Hey can i think what she is talking about is  how weed does you not a strain. We called it the creeper weed becausae id would sneek up on you and the next thing you no your fryed. Maybe that helped. Slim


----------



## Biffdoggie (Oct 26, 2006)

That was gonna be my guess too, the creeper weed. I haven't seen anything refered to as that for a while.


----------



## THE BROTHER'S GRUNT (Oct 26, 2006)

can of ownage said:
			
		

> wow THANX ALOT serious....ive been looking for a affordable bb seed strain for a while now... do u know if they r dependable or if their stuff is any good?and about the creep... do u know any strains that have a creep quality? like i said just smoke for like 10 15 minutes straight and nuthin and thena after mayb 20 minutes your just stoned like hell?


*No problem man. We ordered some Northern Berry sent them a International money order and received our seeds in 2 weeks. They also sent us a pack of Northern Skunk FREE!  The best part about this company is most of their strains are F1's.  *


----------



## can of ownage (Oct 30, 2006)

Well i was actually thinking of hydroing some blue berry but thats an area where i have almost no experience but rather information u know?I know peak seeds have a bunch of f1's and they guarntee that the seeds will get to their destination but dont guarntee 100%germ so have all your seeds popped out ok?is it any good from your experience?if u say it is lol well then imma give them a shot so im all waits on u TBG lol...
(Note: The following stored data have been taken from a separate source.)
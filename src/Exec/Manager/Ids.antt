-- ===== src/Exec/Manager/Ids.antt =====
-- The IDs of execs and the map: new IDs are fresh, and the operations agree with the map.
use che_machine_exec.Common.{
  Result-cases, ℕ, ◌+◌, ◌^◌, ◌≤◌, ◌<◌, ◌≡◌, ◌≢◌, refl, subst, ◌∙◌, inl, inr, Text, Bool, true,
  false, none, some, List, [], ◌∷◌, Result, ok, err, if◌then◌else◌, ◌==◌, arith, Bool-cases, All,
  is_empty,
}
use che_machine_exec.Filter.{ContainerInfo, FilterError, get_container_list, find_container_info}
use che_machine_exec.Exec.Resolver.{MachineExec, resolve_cmd}
use che_machine_exec.Exec.Manager.{
  Execs, Api, ExecError, get_by_id, delete, next_id, register, with_executor, with_cmd, do_create,
  create_first, create_in_list, create_in, create, remove, check, exec_not_found, no_k8s_api,
}

-- Each exec stands under its own ID, and no ID is beyond the counter.
abbrev pub HasIds : ℕ → List (ℕ × MachineExec) → Type 0
HasIds prev m = All (λ (e : ℕ × MachineExec). (e.1.id ≡ e.0) × (e.0 ≤ prev)) m

abbrev pub IsWellFormed : Execs → Type 0
IsWellFormed st = HasIds st.prev_exec_id st.exec_map

pub get_by_id-delete_same :
    (id : ℕ) (m : List (ℕ × MachineExec)) → get_by_id id (delete id m) ≡ none
unfolding get_by_id delete
get_by_id-delete_same id [] = refl
get_by_id-delete_same id (e ∷ m) = elim (Bool-cases (e.0 == id)) [
  | inl h ↦ rw h (get_by_id-delete_same id m)
  | inr h ↦ rw (h, get_by_id, h) (get_by_id-delete_same id m)
]

pub get_by_id-delete_other :
    (id other : ℕ) (m : List (ℕ × MachineExec))
    → other ≢ id
    → get_by_id other (delete id m) ≡ get_by_id other m
unfolding get_by_id delete
get_by_id-delete_other id other [] h = refl
get_by_id-delete_other id other (e ∷ m) h = elim (Bool-cases (e.0 == id)) [
  | inl k ↦ elim (Bool-cases (e.0 == other)) [
    | inl l ↦ absurd (ground arith)
    | inr l ↦ rw (k, l) (get_by_id-delete_other id other m h)
  ]
  | inr k ↦ elim (Bool-cases (e.0 == other)) [
    | inl l ↦ rw (k, get_by_id, l) refl
    | inr l ↦ rw (k, get_by_id, l) (get_by_id-delete_other id other m h)
  ]
]

pub HasIds-delete :
    (prev next id : ℕ) (m : List (ℕ × MachineExec))
    → prev ≤ next
    → HasIds prev m
    → HasIds next (delete id m)
unfolding delete
HasIds-delete prev next id [] le h = tt
HasIds-delete prev next id (e ∷ m) le h = elim (Bool-cases (e.0 == id)) [
  | inl k ↦ rw (k, All) (HasIds-delete prev next id m le h.1)
  | inr k ↦ rw (k, All) ((h.0.0, omega (arith, h.0.1)), HasIds-delete prev next id m le h.1)
]

fresh_id :
    (prev id : ℕ) (m : List (ℕ × MachineExec)) → prev < id → HasIds prev m → get_by_id id m ≡ none
unfolding get_by_id
fresh_id prev id [] lt h = refl
fresh_id prev id (e ∷ m) lt h = elim (Bool-cases (e.0 == id)) [
  | inl k ↦ absurd (let le = h.0.1 in ground arith)
  | inr k ↦ rw k (fresh_id prev id m lt h.1)
]

-- What a successful creation does: the new exec has an ID that no exec had, the next one of the counter;
-- it is found under it, every other ID finds what it found before, and the state is well-formed again.
abbrev pub IsCreated : Execs → MachineExec → Execs → Type 0
IsCreated st e after =
    (get_by_id e.id st.exec_map ≡ none)
    × (get_by_id e.id after.exec_map ≡ some e)
    × ((other : ℕ) → other ≢ e.id → get_by_id other after.exec_map ≡ get_by_id other st.exec_map)
    × IsWellFormed after
    × (e.id ≡ st.prev_exec_id + 1)
    × (after.prev_exec_id ≡ e.id)

pub if_same : {A : Type 0} (n : ℕ) (a b : A) → (if n == n then a else b) ≡ a
if_same n a b = ground arith

pub if_other : {A : Type 0} (n k : ℕ) (a b : A) → k ≢ n → (if n == k then a else b) ≡ b
if_other n k a b h = ground arith

next_id_lem : (prev : ℕ) → prev + 1 < 2 ^ 64 → next_id prev ≡ prev + 1
next_id_lem prev h = omega arith

register-IsCreated :
    (e : MachineExec) (cmd : List Text) (st : Execs)
    → IsWellFormed st
    → st.prev_exec_id + 1 < 2 ^ 64
    → IsCreated st (register e cmd st).0 (register e cmd st).1
unfolding register get_by_id
register-IsCreated e cmd st wf lt =
    let n = next_id_lem st.prev_exec_id lt in
    let id = next_id st.prev_exec_id in
    (
      fresh_id st.prev_exec_id id st.exec_map (omega (arith, n)) wf,
      if_same id _ _,
      (λ other ne. if_other id other _ _ ne ∙ get_by_id-delete_other id other st.exec_map ne),
      ((refl, omega arith), HasIds-delete st.prev_exec_id id id st.exec_map (omega (arith, n)) wf),
      n,
      refl,
    )

-- A creation that succeeded, by any path.
abbrev IsCreatedBy : Execs → Result ExecError (MachineExec × Execs) → Type 0
IsCreatedBy st (err x) = Unit
IsCreatedBy st (ok r) = IsCreated st r.0 r.1

do_create-IsCreatedBy :
    (api : Api) (e : MachineExec) (info : ContainerInfo) (st : Execs)
    → IsWellFormed st
    → st.prev_exec_id + 1 < 2 ^ 64
    → IsCreatedBy st (do_create api e info st)
unfolding do_create
do_create-IsCreatedBy api e info st wf lt = of_cmd (resolve_cmd api.shells e info)
  where
    of_executor :
        (cmd : List Text) (x : Result Text Unit) → IsCreatedBy st (with_executor e cmd x st)
    of_executor cmd (err x) = tt
    of_executor cmd (ok u) = register-IsCreated e cmd st wf lt

    of_cmd : (x : Result Text (List Text)) → IsCreatedBy st (with_cmd api e info x st)
    of_cmd (err x) = tt
    of_cmd (ok cmd) = of_executor cmd (api.new_executor info cmd)

create_first-IsCreatedBy :
    (api : Api) (e : MachineExec) (all infos : List ContainerInfo) (st : Execs)
    → IsWellFormed st
    → st.prev_exec_id + 1 < 2 ^ 64
    → IsCreatedBy st (create_first api e all infos st)
unfolding create_first
create_first-IsCreatedBy api e all [] st wf lt = tt
create_first-IsCreatedBy api e all (info ∷ infos) st wf lt =
    elim (Result-cases (do_create api e info st)) [
      | inl (x, h) ↦
          rw (h, IsCreatedBy, create_first) (create_first-IsCreatedBy api e all infos st wf lt)
      | inr (r, h) ↦
          rw (h, IsCreatedBy, create_first)
            (subst (IsCreatedBy st) h (do_create-IsCreatedBy api e info st wf lt))
    ]

create-IsCreatedBy :
    (api : Api) (e : MachineExec) (st : Execs)
    → IsWellFormed st
    → st.prev_exec_id + 1 < 2 ^ 64
    → IsCreatedBy st (create api e st)
unfolding create
create-IsCreatedBy api e st wf lt = of_api api.k8s_api
  where
    of_list :
        (x : Result FilterError (List ContainerInfo)) → IsCreatedBy st (create_in_list api e x st)
    of_list (err x) = tt
    of_list (ok []) = tt
    of_list (ok (info ∷ infos)) =
        create_first-IsCreatedBy api e (info ∷ infos) (info ∷ infos) st wf lt

    of_info : (x : Result FilterError ContainerInfo) → IsCreatedBy st (create_in api e x st)
    of_info (err x) = tt
    of_info (ok info) = do_create-IsCreatedBy api e info st wf lt

    of_name :
        (b : Bool)
        → IsCreatedBy st (
            if b
            then create_in_list api e (get_container_list api.selector api.pods) st
            else create_in api e (find_container_info api.selector api.pods e.machine_name) st)
    of_name true = of_list (get_container_list api.selector api.pods)
    of_name false = of_info (find_container_info api.selector api.pods e.machine_name)

    of_api :
        (x : Result Text Unit)
        → IsCreatedBy st (elim x [
          | err y ↦ err (no_k8s_api y)
          | ok u ↦
              if is_empty e.machine_name
              then create_in_list api e (get_container_list api.selector api.pods) st
              else create_in api e (find_container_info api.selector api.pods e.machine_name) st
        ])
    of_api (err x) = tt
    of_api (ok u) = of_name (is_empty e.machine_name)

-- In a well-formed state whose counter has not reached its last value, a successful `Create` returns an
-- exec under the next ID, which was not in use and finds that exec and no other; all other IDs find
-- what they found before, and the state stays well-formed.
pub create-IsCreated :
    (api : Api) (e made : MachineExec) (st after : Execs)
    → IsWellFormed st
    → st.prev_exec_id + 1 < 2 ^ 64
    → create api e st ≡ ok (made, after)
    → IsCreated st made after
create-IsCreated api e made st after wf lt h =
    subst (IsCreatedBy st) h (create-IsCreatedBy api e st wf lt)

-- After `Remove` the ID is not found, every other ID is checked as before, and a well-formed state
-- stays well-formed.
pub remove-check :
    (id : ℕ) (st : Execs)
    → (check id (remove id st) ≡ err (exec_not_found id))
      × ((other : ℕ) → other ≢ id → check other (remove id st) ≡ check other st)
      × (IsWellFormed st → IsWellFormed (remove id st))
unfolding remove check
remove-check id st = (
  rw (get_by_id-delete_same id st.exec_map, check) refl,
  λ other ne. rw (get_by_id-delete_other id other st.exec_map ne, check) refl,
  HasIds-delete st.prev_exec_id st.prev_exec_id id st.exec_map (omega arith),
)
and on the creep, thats what i meant my girl says shes bought "Creep" she doesnt know much about growing or weed period so i corrected her but like i said i think its a quality of the smoke not a strain....so any1 know any weed or cannabis (whatever u prefer to call it lol) that "creeps" up on u like ive mentioned? like i said ive only found kali mist to SLIGHTLY do that and very few white strains (not consistantly) thatll just kinda surprise u so idk...guys? any experiences?
​


----------